Programming is hard. Let's not bother teaching it.
----
A few years back on comp.lang.lisp someone was working on this problem:
First challenge:
; Call fun for each subsets of 0, 2, ..., n-1 of length k with the following
; constraint: let p be an "ordered" partition of n, eg. (3,2,4,1) |- 10. If x
; is a chosen number, then it is required that all numbers in the same part of
; the partition smaller than x are chosen, too.
; it may be easier to think of p as a vector where all elements within one
; "part" given by the partition are the same.
; eg: for n=10, k=4, p=(3,2,4,1)==(0,0,0,1,1,2,2,2,2,3)
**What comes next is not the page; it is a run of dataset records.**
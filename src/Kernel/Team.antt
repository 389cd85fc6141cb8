-- ===== src/Kernel/Team.antt =====
-- kernel/team.c, and the life of tasks in kernel/task.c and kernel/kernel.c.
--
-- The memory of the kernel is read and written by words. The words of a task that only the machine reads are its
-- `Thread`; the addresses that kmalloc returns, the place of thread_bootstrap and the table of the processor are
-- arguments. `none` is a panic, or a loop that does not end in its fuel.
pub mod Stack
pub mod Creation
pub mod Threads
pub mod Heap
mod Examples
use mathlib.Core.Option
use openblt.Prelude.{
  ℕ, zero, suc, ◌+◌, ◌-◌, ◌*◌, ◌%◌, ◌^◌, ◌==◌, Bool, true, false, Option, none, some, List, [], ◌∷◌,
  if◌then◌else◌, update, ℤ, pos, negsuc, ◌+ℤ◌, ◌-ℤ◌, eq_ℤ, length,
}
use openblt.Kernel.State.{
  Ptr, null, Kernel, RsrcType, rsrc_task, rsrc_port, rsrc_sem, rsrc_aspace, rsrc_area, rsrc_team,
  TaskFlags, Resource, Task, set_rsrc, set_task, err_none, err_resource, err_memory,
}
use openblt.Kernel.Call.{Call, returns, blocks, stops, blocking}
use openblt.Kernel.Queue.{wait_on, rsrc_enqueue}
use openblt.Kernel.Resource.{rsrc_find, rsrc_bind, rsrc_release, rsrc_set_owner, rsrc_set_name}
use openblt.Kernel.Sem.{sem_destroy}
use openblt.Kernel.Port.{port_destroy}
use openblt.Kernel.Memory.Virtual.{KernelSpace, kgetpages, kfreepage}
use openblt.Kernel.Aspace.{Vm, ptab_of}
use openblt.Kernel.Aspace.Calls.{
  Outcome, area_create, area_clone, area_destroy, area_resize, aspace_create, aspace_destroy,
}

pub record Team : Type 0 where
  pub refcount : ℤ
  pub aspace : Ptr
  pub heap_id : ℤ
  pub text_area : ℤ

pub record Thread : Type 0 where
  pub irq : ℕ
  pub esp : ℕ
  pub esp0 : ℕ
  pub cr3 : ℕ
  pub kstack : ℕ
  pub ustack : ℕ
  pub stack_area : Ptr

pub record System : Type 0 where
  pub kernel : Kernel
  pub vm : Vm
  pub team : Ptr → Team
  pub thread : Ptr → Thread
  pub memory : ℕ → ℕ

abbrev pub set_kernel : Kernel → System → System
set_kernel k s = record s { kernel = k }

abbrev pub set_team : Ptr → Team → System → System
set_team p d s = record s { team = update s.team p d }

abbrev pub set_thread : Ptr → Thread → System → System
set_thread t d s = record s { thread = update s.thread t d }

-- team_create, with the new objects `team` and `a`.
pub team_create : Ptr → Ptr → ℕ → System → Option System
team_create team a cr3 s = Option.bind (aspace_create a cr3 s.vm s.kernel) (λ (r : Kernel × Vm).
    let k = record (r.0) { team_resources = update (r.0).team_resources team [] } in
    Option.map
      (λ (k' : Kernel).
        set_team team (record { refcount = pos 0; aspace = a; heap_id = pos 0; text_area = pos 0 })
          (record s { kernel = rsrc_set_owner a team k'; vm = r.1 }))
      (rsrc_bind team rsrc_team k.kernel_team k))

-- The kernel behind a call that does not block.
abbrev pub kernel_after : Call → Option Kernel
kernel_after (returns c k) = some k
kernel_after (blocks k) = some k
kernel_after stops = none

-- The switch of team_destroy. A task falls through to port_destroy.
pub destroy_resource : RsrcType → Ptr → System → Option System
destroy_resource rsrc_task p s =
    Option.map (λ (k : Kernel). set_kernel k s)
      (kernel_after (port_destroy (s.kernel.rsrc p).id s.kernel))
destroy_resource rsrc_port p s =
    Option.map (λ (k : Kernel). set_kernel k s)
      (kernel_after (port_destroy (s.kernel.rsrc p).id s.kernel))
destroy_resource rsrc_sem p s =
    Option.map (λ (k : Kernel). set_kernel k s)
      (kernel_after (sem_destroy (s.kernel.rsrc p).id s.kernel))
destroy_resource rsrc_aspace p s =
    Option.map (λ (r : Kernel × Vm). record s { kernel = r.0; vm = r.1 })
      (aspace_destroy p s.vm s.kernel)
destroy_resource _ p s = some s

-- list_remove_head(&team->resources), and rsrc->owner = NULL
abbrev pub unown : Ptr → Ptr → List Ptr → Kernel → Kernel
unown team p rest k =
    let r = k.rsrc p in
    set_rsrc p (record r { owner = null })
      (record k { team_resources = update k.team_resources team rest })

pub destroy_resources : ℕ → Ptr → System → Option System
unfolding destroy_resource
destroy_resources zero team s = none
destroy_resources (suc fuel) team s = elim (s.kernel.team_resources team) [
  | [] ↦ some s
  | p ∷ rest ↦
      Option.bind
        (destroy_resource (s.kernel.rsrc p).type p (set_kernel (unown team p rest s.kernel) s))
        (destroy_resources fuel team)
]

-- The fuel is one more than the resources.
pub team_destroy : Ptr → System → Option System
team_destroy team s =
    Option.bind (destroy_resources (length (s.kernel.team_resources team) + 1) team s)
      (λ (s1 : System). Option.map (λ (k : Kernel). set_kernel k s1) (rsrc_release team s1.kernel))

-- SP--; *SP = w, for each word
pub push : List ℕ → ℕ → (ℕ → ℕ) → (ℕ → ℕ) × ℕ
push [] sp memory = (memory, sp)
push (w ∷ ws) sp memory = push ws (sp - 4) (update memory (sp - 4) w)

-- SEL_KDATA, SEL_KCODE, and SEL_UDATA and SEL_UCODE with the ring 3
abbrev pub data_selector : Bool → ℕ
data_selector kernel = if kernel then 16 else 43

abbrev pub code_selector : Bool → ℕ
code_selector kernel = if kernel then 8 else 35

-- What the first switch to a task pops, the last word first.
abbrev pub first_frame : ℕ → ℕ → ℕ → Bool → List ℕ
first_frame boot ip sp kernel =
    data_selector kernel
    ∷ (sp + (2 ^ 32 - 4 * 5)) % 2 ^ 32
    ∷ 0x3202
    ∷ code_selector kernel
    ∷ ip
    ∷ boot
    ∷ 0x3002
    ∷ 0
    ∷ 0
    ∷ 0
    ∷ 0
    ∷ []

abbrev pub prepared : ℕ → Ptr → Ptr → ℕ → ℕ → Bool → KernelSpace × ℕ → System → System
prepared boot t team ip sp kernel r s =
    let d = s.team team in
    let top = r.1 + 4092 in
    let stack = push (first_frame boot ip sp kernel) top s.memory in
    record s {
      kernel =
          set_task t
            (record (s.kernel.task t) {
              waiting_on = null;
              flags = TaskFlags.ready;
              scount = 0;
              team = team;
            })
            s.kernel;
      vm = record (s.vm) { space = r.0 };
      team = update s.team team (record d { refcount = d.refcount +ℤ pos 1 });
      thread = update s.thread t (record {
        irq = 0;
        esp = stack.1;
        esp0 = top;
        cr3 = (s.vm.aspace d.aspace).pdirphys;
        kstack = r.1;
        ustack = (s.thread t).ustack;
        stack_area = null;
      });
      memory = stack.0;
    }

-- task_create, with the new object `t`.
pub task_create : ℕ → Ptr → Ptr → ℕ → ℕ → Bool → System → Option System
task_create boot t team ip sp kernel s =
    Option.map (λ (r : KernelSpace × ℕ). prepared boot t team ip sp kernel r s)
      (kgetpages 1 s.vm.space)

-- The area of a task's stack goes with the task.
abbrev pub destroy_stack : Ptr → Ptr → System → Option System
destroy_stack t team s =
    let area = (s.thread t).stack_area in
    let destroyed =
      Option.map (λ (r : Kernel × Vm × ℤ). record s { kernel = r.0; vm = r.1 })
        (area_destroy (s.team team).aspace (s.kernel.rsrc area).id s.vm s.kernel) in
    if area == null then some s else destroyed

-- team->refcount--, and the end of a team without tasks
abbrev pub leave_team : Ptr → System → Option System
leave_team team s =
    let d = s.team team in
    let s1 = set_team team (record d { refcount = d.refcount -ℤ pos 1 }) s in
    let destroyed = team_destroy team s1 in
    if eq_ℤ (d.refcount -ℤ pos 1) (pos 0) then destroyed else some s1

abbrev pub free_kstack : Ptr → System → System
free_kstack t s = record s {
  vm = record (s.vm) { space = kfreepage (s.thread t).kstack s.vm.space };
}

pub task_destroy : Ptr → System → Option System
task_destroy t s =
    let team = (s.kernel.rsrc t).owner in
    let destroyed = Option.bind (destroy_stack t team s) (λ (s1 : System).
      let s2 = free_kstack t s1 in
      Option.bind (rsrc_release t s2.kernel) (λ (k : Kernel). leave_team team (set_kernel k s2))) in
    if t == s.kernel.current then none else destroyed

-- thr_wait of the task that rsrc_find_task gave. The caller returns ERR_NONE when it is current again.
pub wait_found : Kernel → Option Ptr → Call
wait_found k none = returns err_resource k
wait_found k (some task) = blocking (wait_on task k)

pub thr_wait : ℕ → Kernel → Call
unfolding wait_found
thr_wait thr_id k = wait_found k (rsrc_find rsrc_task thr_id k)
; (0,1,2,3), (0,1,3,5), (3,5,6,7) are all allowed (there are a lot more...)
; (1,2,3,4), (0,1,4,5) are forbidden
The poster had attempted to write an iterative solution (included below)
that was a true dogs breakfast of arrays, pointer smashing, looping,
modifying index variables, etc. It didn't work, either.
The recursive solution is 7 lines long (plus an auxiliary function
of 1 line).
Here is the iterative (non-working) version:
(defun strange-combinations (n k l fun vec &optional debug)
(and debug (print (list 'strange-combinations n k l vec)))
(let ((level -1))
(labels ((swap (i j)
(and debug (format T "~%swapping ~A and ~A: " i j))
(rotatef (aref vec (1- i)) (aref vec (1- j)))
(funcall fun))
(init (n k)
(and debug (format T "~%initialise ~A, ~A: " n k))
(fill vec 1 :start 0 :end k)
(fill vec 0 :start k :end n))
(gen (n k l)
; (1 . . . . 1 0 . . 0 | 0 . . . . . . 0)
; bzw. (1 . . . . . . . . 1 | 1 . . 1 0 . . 0)
;
; -> (1 . . 1 0 . . . . 0 | 1 . . . . . . 1)
; bzw. (0 . . . . . . . . 0 | 1 . . 1 0 . . 0)
(incf level)
(and debug (print (list (make-string level) 'gen n k l)))
(when (and (< 0 k n) (< (car l) n))
(let* ((n-rec (- n (car l)))
(0-aft (if (< k n-rec) (car l) (- n k)))
(1-bef (min k n-rec))
(first-0-aft (1+ (max k n-rec))))
(dotimes (i (min 0-aft 1-bef))
(cond ((evenp i)
(gen n-rec (- 1-bef i) (cdr l))
(swap (+ first-0-aft i)
(if (plusp (- 1-bef (cadr l) i))
; (1 . . 1 0 . . 0 | 1 . . . . . . 1 | ...)
(- 1-bef (cadr l) i)
; (0 . . . . . . 0 | 1 . . 1 0 . . 0 | ...)
(+ (- n-rec (cadr l) i) 1-bef))))
(T
(neg n-rec (- 1-bef i) (cdr l))
(swap (+ first-0-aft i)
; (1 . . 1 0 . . . . . . . . . . . 0 | ...)
(- 1-bef i)))))
(if (evenp (min 0-aft 1-bef))
(progn (gen n-rec (max 0 (- k (car l))) (cdr l))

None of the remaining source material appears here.